◆ **Task objective**
Give every line below again, exactly.

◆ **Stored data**
-- ===== src/Server/Serving.antt =====
-- One request through the whole server, while no other goroutine uses the pools: `HandleRequest` of
-- server/handlers.go, the dispatcher that it asks, and what becomes of the connection.
pub mod Asked
pub mod Ending
pub mod Found
pub mod Settled
use Prim.Native.String.{String}
use wsp.Base.{ℕ, Bool, List, Option, none, some, length}
use wsp.Base.Maps.{at, store}
use wsp.Runtime.{Result, ok, blocks, ◌>>=◌}
use wsp.Server.Pool.{Pool, give, close_in}
use wsp.Server.Proxy.{Exchange}
use wsp.Server.Handlers.{
  HandlerError, Try, good, bad, Get, HandlerConfig, Front, no_proxy_target, Disposal, unused, gave,
  closed_it, Handled, Surroundings, target_of, tunnel, refuse,
}
use wsp.Server.Dispatch.{Server, Dispatched, served, refused, waits, out_of_fuel, dispatch_request}

-- What the request depends on besides the pools: whether its destination can be parsed, the
-- exchange on a connection, the rounds and the number of the dispatcher, and the time.
pub record Setting : Type 0 where
  pub describe : HandlerError → String
  pub config : HandlerConfig
  pub get : Get
  pub parses : String → Bool
  pub exchange : ℕ → Exchange
  pub fuel : ℕ
  pub thread : ℕ
  pub now : ℕ

-- A connection keeps a pointer to its pool, which stands under the client's key.
abbrev pub in_pool : String → (Pool → Result Pool) → Server → Result Server
in_pool id f s = elim (at s.pools id) [
  | none ↦ ok s
  | some p ↦ do q ← f p; ok (record s { pools = store s.pools id q })
]

-- The connection is given back or closed.
unfoldable pub settle : ℕ → String → Disposal → Server → Result Server
settle now id unused s = ok s
settle now id (gave c) s = in_pool id (give now c) s
settle now id (closed_it c) s = in_pool id (close_in c) s

module _ (w : Setting) where
  open w use {describe, config, get, parses, exchange, fuel, thread, now}

  -- What the handler sees, with the connection that the dispatcher has sent.
  abbrev pub seen : Server → Option ℕ → Surroundings
  seen s found = record {
    parses = parses;
    pools = length s.pools;
    dispatch = λ _. found;
    exchange = exchange;
  }

  -- The handler waits for the dispatcher, and goes on with what it sends.
  unfoldable pub go_on : String → Front → Dispatched → Server → Result (Handled × Server)
  go_on id f (served c) s = do
    h ← tunnel describe (seen s (some c)) c f
    t ← settle now id h.disposal s
    ok (h, t)
  go_on id f refused s = do h ← refuse describe (no_proxy_target id) f; ok (h, s)
  go_on id f waits s = blocks
  go_on id f out_of_fuel s = blocks

  unfoldable pub serve_request : Front → Server → Result (Handled × Server)
  serve_request f s = elim (target_of config get parses (length s.pools)) [
    | bad e ↦ do h ← refuse describe e f; ok (h, s)
    | good id ↦ let (d, t) = dispatch_request fuel thread id s in go_on id f d t
  ]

◆ **Answer to the problem**
-- ===== src/Server/Serving.antt =====
-- One request through the whole server, while no other goroutine uses the pools: `HandleRequest` of
-- server/handlers.go, the dispatcher that it asks, and what becomes of the connection.
pub mod Asked
pub mod Ending
pub mod Found
pub mod Settled
use Prim.Native.String.{String}
use wsp.Base.{ℕ, Bool, List, Option, none, some, length}
use wsp.Base.Maps.{at, store}
use wsp.Runtime.{Result, ok, blocks, ◌>>=◌}
use wsp.Server.Pool.{Pool, give, close_in}
use wsp.Server.Proxy.{Exchange}
use wsp.Server.Handlers.{
  HandlerError, Try, good, bad, Get, HandlerConfig, Front, no_proxy_target, Disposal, unused, gave,
  closed_it, Handled, Surroundings, target_of, tunnel, refuse,
}
use wsp.Server.Dispatch.{Server, Dispatched, served, refused, waits, out_of_fuel, dispatch_request}

-- What the request depends on besides the pools: whether its destination can be parsed, the
-- exchange on a connection, the rounds and the number of the dispatcher, and the time.
pub record Setting : Type 0 where
  pub describe : HandlerError → String
  pub config : HandlerConfig
  pub get : Get
  pub parses : String → Bool
  pub exchange : ℕ → Exchange
  pub fuel : ℕ
  pub thread : ℕ
  pub now : ℕ

-- A connection keeps a pointer to its pool, which stands under the client's key.
abbrev pub in_pool : String → (Pool → Result Pool) → Server → Result Server
in_pool id f s = elim (at s.pools id) [
  | none ↦ ok s
  | some p ↦ do q ← f p; ok (record s { pools = store s.pools id q })
]

-- The connection is given back or closed.
unfoldable pub settle : ℕ → String → Disposal → Server → Result Server
settle now id unused s = ok s
settle now id (gave c) s = in_pool id (give now c) s
settle now id (closed_it c) s = in_pool id (close_in c) s

module _ (w : Setting) where
  open w use {describe, config, get, parses, exchange, fuel, thread, now}

  -- What the handler sees, with the connection that the dispatcher has sent.
  abbrev pub seen : Server → Option ℕ → Surroundings
  seen s found = record {
    parses = parses;
    pools = length s.pools;
    dispatch = λ _. found;
    exchange = exchange;
  }

  -- The handler waits for the dispatcher, and goes on with what it sends.
  unfoldable pub go_on : String → Front → Dispatched → Server → Result (Handled × Server)
  go_on id f (served c) s = do
    h ← tunnel describe (seen s (some c)) c f
    t ← settle now id h.disposal s
    ok (h, t)
  go_on id f refused s = do h ← refuse describe (no_proxy_target id) f; ok (h, s)
  go_on id f waits s = blocks
  go_on id f out_of_fuel s = blocks

  unfoldable pub serve_request : Front → Server → Result (Handled × Server)
  serve_request f s = elim (target_of config get parses (length s.pools)) [
    | bad e ↦ do h ← refuse describe e f; ok (h, s)
    | good id ↦ let (d, t) = dispatch_request fuel thread id s in go_on id f d t
  ]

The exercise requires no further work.